CA has created a new licence for Ingres which gives it ultimate control over what goes into the product. It also means CA can guarantee trusted lineage of the source code and offer indemnification for customers using it - which should go a long way to overcoming the FUD (fear, uncertainty and doubt) generated by the likes of the de Tocqueville attack, which wrongly claimed Linux instigator Linus Torvalds stole code from earlier operating systems.

Ingres will support the Oracle Cluster File System and IBM's Open Distributed Lock Manager, allowing customer to build large, reliable clusters cheaply and perhaps undermining Oracle and IBM's plans to also make money off the back of Linux.

Greenblatt said CA was working hard to convince open-source advocates it was not the "evil empire".

"We are funding open source mainly to enable the enhancement of the product so we can do add-ons. I am not looking to take their code and run with it." Those products include BrightStor storage management, eTrust security and the company's flagship Unicenter system management tools.

Greenblatt said participation in open source by companies like CA, IBM and Oracle could help overcome weakness in the open-source model of relying on the enthusiasm of volunteer programmers.

CA has submitted a technology called Kernel Generalised Event Mode (KGEM) for incorporation into the Linux kernel. Greenblatt said it would give system administrators much greater control of their environment.

"At the moment, to manage Linux you have to put a hook into the kernel.

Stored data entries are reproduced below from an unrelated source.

-- ===== src/Web/Commands.antt =====
-- What the requests do to the controller.
use Prim.Native.String.{String}
use text.Mathlib.Text.{◌==◌ as str_eq}
use evse_sync_charge.Base.{
  ℤ, ◌≡◌, refl, true, false, not, ◌&&◌, List, [], ◌∷◌, arith, if◌then◌else◌,
}
use evse_sync_charge.Float.{Float}
use evse_sync_charge.Types.{ChargingSettings}
use evse_sync_charge.Prefs.{Preferences}
use evse_sync_charge.Pilot.{duty_to_amps}
use evse_sync_charge.Charge.Run.{
  Command, set_up, start, stop, pause, test_mode, test_amps, alive_timeout, enable_rcm,
  pilot_disable, pilot_stop, exec, run, run-IsSafe,
}
use evse_sync_charge.Charge.Session.{IsSafe}
use evse_sync_charge.Web.{Site, Request, arg, check_auth, request_reboot}
use evse_sync_charge.Web.Save.{changed, save_led, save_telnet, apply, handle_save_config}
use evse_sync_charge.Web.Routes.{
  file_start, file_write, file_end, file_aborted, WebReadings, Route, save_config_route, cmd_route,
  test_cmd_route, factory_reset_route, wifi_reset_route, evse_reset_route, reboot_route,
  do_update_route, rfid_save_route, rfid_add_route, rfid_toggle_route, rfid_delete_route,
  rfid_learn_route, update_upload_route, page_route, command_of, test_command, handle_cmd,
  handle_test_cmd, handle_factory_reset, handle_wifi_reset, handle_evse_reset, handle_reboot,
  handle_do_update, handle_update_upload, rfid_save, rfid_learn, rfid_add, rfid_toggle, rfid_delete,
  serve, serve_all,
}

module _ {F : Type 0} ⦃fl : Float F⦄ where
  unfoldable named_commands : WebReadings → String → List (Command F)
  named_commands t op =
      if str_eq op "start"
      then start t.start ∷ []
      else if str_eq op "pause"
      then pause ∷ []
      else if str_eq op "stop"
      then stop ∷ pilot_disable ∷ []
      else []

  unfoldable test_commands : (String → F) → String → String → List (Command F)
  test_commands to_float act val =
      if str_eq act "on"
      then test_mode true ∷ []
      else if str_eq act "off"
      then test_mode false ∷ []
      else if str_eq act "pwm"
      then test_amps (duty_to_amps (to_float val)) ∷ []
      else []

  abbrev pub reset_settings : ChargingSettings F
  reset_settings = record {
    max_current = fl.lit 32 0;
    ac_relais_open_at_pause = false;
    disable_at_low_limit = true;
    soft_start = false;
    low_limit_resume_delay_ms = 300000;
  }

module _ {F P : Type 0} ⦃fl : Float F⦄ (upper : String → String) (to_float : String → F)
    (to_int : String → ℤ) (pr : Preferences F P) where
  -- The commands that a request gives the controller.
  unfoldable pub commands : Route → WebReadings → Request → Site F P → List (Command F)
  unfolding named_commands test_commands
  commands save_config_route t q w =
      if not (check_auth q w) && not w.ap_mode
      then []
      else (let c = changed to_float to_int q w.config in
          alive_timeout c.solar_stop_timeout ∷ enable_rcm c.rcm_enabled ∷ [])
  commands cmd_route t q w = if check_auth q w then named_commands t (arg q "do") else []
  commands test_cmd_route t q w =
      if check_auth q w then test_commands to_float (arg q "act") (arg q "val") else []
  commands factory_reset_route t q w = if check_auth q w then stop ∷ pilot_disable ∷ [] else []
  commands evse_reset_route t q w =
      if check_auth q w
      then set_up t.channel t.handle_made t.configured t.begun t.now reset_settings
        ∷ enable_rcm true
        ∷ []
      else []
  commands (update_upload_route file_start) t q w = stop ∷ pilot_stop ∷ []
  commands _ t q w = []

  save-run :
      (t : WebReadings) (q : Request) (w : Site F P)
      → (handle_save_config to_float to_int pr t.now q w).evse
        ≡ run (commands save_config_route t q w) w.evse
  unfolding handle_save_config request_reboot apply save_telnet save_led commands run exec
  save-run t q w = ground arith

  -- What a request does to the controller is what a sequence of commands does, which the route, the
  -- request and the configuration give; it is empty for every request that is denied, the
  -- pages that only show something, the card reader's routes and the resets of WiFi and the chip.
  pub serve-run :
      (r : Route) (t : WebReadings) (q : Request) (w : Site F P)
      → (serve upper to_float to_int pr r t q w).evse ≡ run (commands r t q w) w.evse
  unfolding serve commands named_commands test_commands run exec handle_cmd command_of
      handle_test_cmd test_command handle_factory_reset handle_wifi_reset handle_evse_reset
      handle_reboot handle_do_update handle_update_upload rfid_save rfid_learn rfid_add rfid_toggle
      rfid_delete request_reboot
  serve-run save_config_route t q w = save-run t q w
  serve-run cmd_route t q w = ground arith
  serve-run test_cmd_route t q w = ground arith
  serve-run factory_reset_route t q w = ground arith
  serve-run wifi_reset_route t q w = ground arith
  serve-run evse_reset_route t q w = ground arith
  serve-run reboot_route t q w = ground arith
  serve-run do_update_route t q w = ground arith
  serve-run rfid_save_route t q w = ground arith
  serve-run rfid_add_route t q w = ground arith
  serve-run rfid_toggle_route t q w = ground arith
  serve-run rfid_delete_route t q w = ground arith
  serve-run rfid_learn_route t q w = ground arith
  serve-run (update_upload_route file_start) t q w = refl
  serve-run (update_upload_route file_write) t q w = refl
  serve-run (update_upload_route file_end) t q w = refl
  serve-run (update_upload_route file_aborted) t q w = refl
  serve-run page_route t q w = refl

  -- Requests, one after another, keep the controller's invariant.
  pub serve_all-IsSafe :
      (rs : List (Route × (WebReadings × Request))) (w : Site F P)
      → IsSafe w.evse
      → IsSafe (serve_all upper to_float to_int pr rs w).evse
  unfolding serve_all
  serve_all-IsSafe [] w v = v
  serve_all-IsSafe ((r, (t, q)) ∷ rest) w v =
      serve_all-IsSafe rest (serve upper to_float to_int pr r t q w)
        (rw (serve-run r t q w) (run-IsSafe (commands r t q w) w.evse v))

Modifying the kernel of the operating system is not easy because while you are modifying the OS, so is the community, they are making patches and changes, and every so often your hook won't work any more because someone has come in and stepped on it."

CA has also worked with the Plone Foundation to create a new BrightStor Document Manager product which combines the open source Plone document management engine with BrightStor Portal.

It is also partnering with Zope, an open-source web application server, and JBoss, which makes a J2EE application server.

CA says it is refining its message and reducing the number of products it offers, to focus on software that manages other software.

* Adam Gifford went to CA World Las Vegas as a guest of CA.